Any network quality information is also considered when compressing images. A slow connection will receive higher compression than a fast connection.
The truly unique feature of ImageEngine is how Device Detection is built in as a core feature. The leading device detection library WURFL is built into ImageEngine.
The built-in Device Detection capabilities make ImageEngine much more efficient than any similar image CDN. Depending on the traffic mix, the advantage of ImageEngine may vary, but on an “average website” where mobile- and social media apps traffic account for 60-70% of traffic, and the rest desktop, the savings due to device detection are huge.
Device Detection by WURFL, helps ImageEngine outperform alternative solutions by 42%!
Read more about ImageEngine versus alternative image optimization strategies.
Client Hints enable the browser to send more detailed information about what size the image should be, relative to the viewport (browser) size.
Client hints are only supported by Blink-based browsers.
Using client hints and ImageEngine with responsive images will generate a perfectly sized and optimized image.
Save-Data client hint is also supported. This client hint does not require opt-in as it is enabled by the end user. In cases where
Save-Data: ?1 is present in the request, ImageEngine will apply additional compression to the image to further reduce the byte size.
ImageEngine is made for performance. Its purpose is to reduce the file size of a given image and at the same time make sure there is no visual degradation visible to the human eye. ImageEngine in auto mode, will always serve the lowest file size with the best possible visual quality.
ImageEngine decide what good enough visual quality of the optimized images by calculating the structural similarity index or SSIM. There are many tools that implement SSIM. One of them is the DSSIM tool.
By default, ImageEngine automatically calibrates its optimization based on the requesting device, so the resulting DSSIM scores will vary. The average DSSIM score for ImageEngine’s optimized images was 0.00488, and the median was 0.00427.
Below is a comparison of the optimization factor by ImageEngine and the DSSIM score.
We might expect that higher optimization might lead to higher DSSIM (i.e. lower quality). If this were true, then we would see a correlation close to 1 ( i.e. a northeast diagonal trend-line). Instead, we see a weak inverse correlation (an almost flat trend-line that has a slightly negative slope of -0.12). This means the optimization factor automatically selected by ImageEngine does not negatively impact DSSIM and image quality. Therefore, it’s safe to say that there is no decay in visual quality when optimizing images with ImageEngine.
You can read more about the image quality in ImageEngine here.
In rare cases, it may be necessary to adjust quality manually. This can be done using the
cmpr_ directive or by overriding the default setting in the control panel.

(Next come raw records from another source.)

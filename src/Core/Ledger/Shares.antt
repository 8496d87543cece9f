-- ===== src/Core/Ledger/Shares.antt =====
-- How the usage of all providers in ledger.rs is made of the usage of each.
use role_n.Prelude.{
  ℕ, ◌+◌, ◌^◌, ◌<◌, ◌≤◌, String, ◌≡◌, refl, true, false, Option, none, some, List, [], ◌∷◌,
  if◌then◌else◌, ◌==◌, ==_iff, string_eq, length, tally, arith, contains,
}
use role_n.Core.Types.{Text}
use role_n.Core.Ledger.{Chrono}
use role_n.Core.Ledger.Usage.{
  Costs, EntryRow, UsageSummary, counted, usage_since, total_tokens, total_cost,
}

-- No text stands twice in the list.
abbrev pub Unique : List String → Type 0
Unique [] = Unit
Unique (p ∷ ps) = (contains ps p ≡ false) × Unique ps

tally-one :
    (name : String) (k : ℕ) (ps : List String)
    → Unique ps
    → tally (λ p. if name == p then k else 0) ps ≡ (if contains ps name then k else 0)
tally-one name k [] u = refl
tally-one name k (p ∷ ps) (h, u) =
    ground (arith, ==_iff name p, ==_iff p name, tally-one name k ps u)

tally-add :
    (f g : String → ℕ) (ps : List String) → tally (λ p. f p + g p) ps ≡ tally f ps + tally g ps
tally-add f g [] = refl
tally-add f g (p ∷ ps) = omega (arith, tally-add f g ps)

tally-zero : (ps : List String) → tally (λ _. 0) ps ≡ 0
tally-zero [] = refl
tally-zero (p ∷ ps) = omega (arith, tally-zero ps)

module _ {F : Type 0} where
  length-tally : (rows : List (EntryRow F)) → length rows ≡ tally (λ _. 1) rows
  length-tally [] = refl
  length-tally (row ∷ rows) = omega (arith, length-tally rows)

  abbrev ins : EntryRow F → ℕ
  ins row = row.tokens_in

  abbrev outs : EntryRow F → ℕ
  outs row = row.tokens_out

  abbrev pub tokens_in_of : Option (UsageSummary F) → ℕ
  tokens_in_of none = 0
  tokens_in_of (some u) = u.tokens_in

  abbrev pub tokens_out_of : Option (UsageSummary F) → ℕ
  tokens_out_of none = 0
  tokens_out_of (some u) = u.tokens_out

  abbrev pub requests_of : Option (UsageSummary F) → ℕ
  requests_of none = 0
  requests_of (some u) = u.requests

module _ {F : Type 0} (costs : Costs F) (chrono : Chrono) (since : Text) where
  abbrev rows_of : Option String → List (EntryRow F) → List (EntryRow F)
  rows_of p rows = counted costs chrono p since rows

  -- Every row since the time is of one of the providers.
  abbrev pub Covered : List String → List (EntryRow F) → Type 0
  Covered ps [] = Unit
  Covered ps (row ∷ rows) =
      (chrono.text_le since row.ts ≡ true → contains ps row.provider_id ≡ true) × Covered ps rows

  module _ (w : EntryRow F → ℕ) where
    abbrev shares : List String → List (EntryRow F) → ℕ
    shares ps rows = tally (λ p. tally w (rows_of (some p) rows)) ps

    abbrev own : EntryRow F → String → ℕ
    own row p =
        if row.provider_id == p then (if chrono.text_le since row.ts then w row else 0) else 0

    share-cons :
        (row : EntryRow F) (rows : List (EntryRow F)) (p : String)
        → tally w (rows_of (some p) (row ∷ rows)) ≡ own row p + tally w (rows_of (some p) rows)
    share-cons row rows p = ground arith

    shares-cons :
        (row : EntryRow F) (rows : List (EntryRow F)) (ps : List String)
        → shares ps (row ∷ rows) ≡ tally (own row) ps + shares ps rows
    shares-cons row rows [] = refl
    shares-cons row rows (p ∷ ps) = omega (arith, share-cons row rows p, shares-cons row rows ps)

    shares-all :
        (ps : List String) (rows : List (EntryRow F))
        → Unique ps
        → Covered ps rows
        → shares ps rows ≡ tally w (rows_of none rows)
    shares-all ps [] u c = tally-zero ps
    shares-all ps (row ∷ rows) u (in_ps, c) =
        let k = if chrono.text_le since row.ts then w row else 0 in
        ground (
          arith,
          in_ps,
          shares-cons row rows ps,
          tally-one row.provider_id k ps u,
          shares-all ps rows u c,
        )

    share-le :
        (p : String) (rows : List (EntryRow F))
        → tally w (rows_of (some p) rows) ≤ tally w (rows_of none rows)
    share-le p [] = omega arith
    share-le p (row ∷ rows) = ground (arith, share-le p rows)

  usage_since_ok :
      (p : Option String) (rows : List (EntryRow F))
      → tally ins (rows_of p rows) < 2 ^ 63
      → tally outs (rows_of p rows) < 2 ^ 63
      → (usage_since costs chrono p since rows
          ≡ some (record {
            tokens_in = tally ins (rows_of p rows);
            tokens_out = tally outs (rows_of p rows);
            cost = total_cost costs chrono (rows_of p rows);
            requests = length (rows_of p rows);
          }))
  unfolding usage_since
  usage_since_ok p rows i o = ground (arith, i, o)

  usage_since-some :
      (p : Option String) (rows : List (EntryRow F)) (u : UsageSummary F)
      → usage_since costs chrono p since rows ≡ some u
      → (tally ins (rows_of p rows) < 2 ^ 63)
        × (tally outs (rows_of p rows) < 2 ^ 63)
        × (u.tokens_in ≡ tally ins (rows_of p rows))
        × (u.tokens_out ≡ tally outs (rows_of p rows))
        × (u.requests ≡ length (rows_of p rows))
  unfolding usage_since
  usage_since-some p rows u e = ground (arith, e)

module _ {F : Type 0} (costs : Costs F) (chrono : Chrono) (since : Text) where
  abbrev usage_of : List (EntryRow F) → String → Option (UsageSummary F)
  usage_of rows p = usage_since costs chrono (some p) since rows

  usage_of-shares :
      (rows : List (EntryRow F)) (ps : List String)
      → tally ins (rows_of costs chrono since none rows) < 2 ^ 63
      → tally outs (rows_of costs chrono since none rows) < 2 ^ 63
      → (tally (λ p. tokens_in_of (usage_of rows p)) ps ≡ shares costs chrono since ins ps rows)
        × (tally (λ p. tokens_out_of (usage_of rows p)) ps ≡ shares costs chrono since outs ps rows)
        × (tally (λ p. requests_of (usage_of rows p)) ps
            ≡ shares costs chrono since (λ _. 1) ps rows)
  usage_of-shares rows [] i o = (refl, refl, refl)
  usage_of-shares rows (p ∷ ps) i o =
      let (a, b, c) = usage_of-shares rows ps i o in
      let i' = share-le costs chrono since ins p rows in
      let o' = share-le costs chrono since outs p rows in
      let e = usage_since_ok costs chrono since (some p) rows (omega arith) (omega arith) in
      let n = length-tally (rows_of costs chrono since (some p) rows) in
      (ground (arith, a, e), ground (arith, b, e), ground (arith, c, e, n))

  -- The usage since a time, when it can be summed, is shared out by the usage of each provider: over
  -- any list of different providers that has every one of the rows since then, the tokens in, the
  -- tokens out and the requests add up to those of all; and the total of the tokens, a number of 64
  -- bits, does not wrap around.
  pub usage_since_shares :
      (rows : List (EntryRow F)) (ps : List String) (u : UsageSummary F)
      → Unique ps
      → Covered costs chrono since ps rows
      → usage_since costs chrono none since rows ≡ some u
      → (tally (λ p. tokens_in_of (usage_of rows p)) ps ≡ u.tokens_in)
        × (tally (λ p. tokens_out_of (usage_of rows p)) ps ≡ u.tokens_out)
        × (tally (λ p. requests_of (usage_of rows p)) ps ≡ u.requests)
        × (total_tokens u ≡ u.tokens_in + u.tokens_out)
  unfolding total_tokens
  usage_since_shares rows ps u unique c e =
      let (i, o, ui, uo, un) = usage_since-some costs chrono since none rows u e in
      let (a, b, d) = usage_of-shares rows ps i o in
      let n = length-tally (rows_of costs chrono since none rows) in
      (
        ground (arith, a, ui, shares-all costs chrono since ins ps rows unique c),
        ground (arith, b, uo, shares-all costs chrono since outs ps rows unique c),
        ground (arith, d, un, n, shares-all costs chrono since (λ _. 1) ps rows unique c),
        omega arith,
      )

Artificial Intelligence and Machine Learning
The process where ImageEngine evaluates the wide array of parameters that may produce a lower byte size and better visual quality is constantly changing. This process is too complex to implement in static software.
At a high level ImageEngine utilizes Artificial Intelligence and Machine Learning to map out which optimization algorithms produce the best results under various circumstances by analyzing billions of images, contexts, devices, browsers, and network characteristics.
When ImageEngine is optimizing an image in real-time, ImageEngine will use the knowledge base to select the best optimization strategy.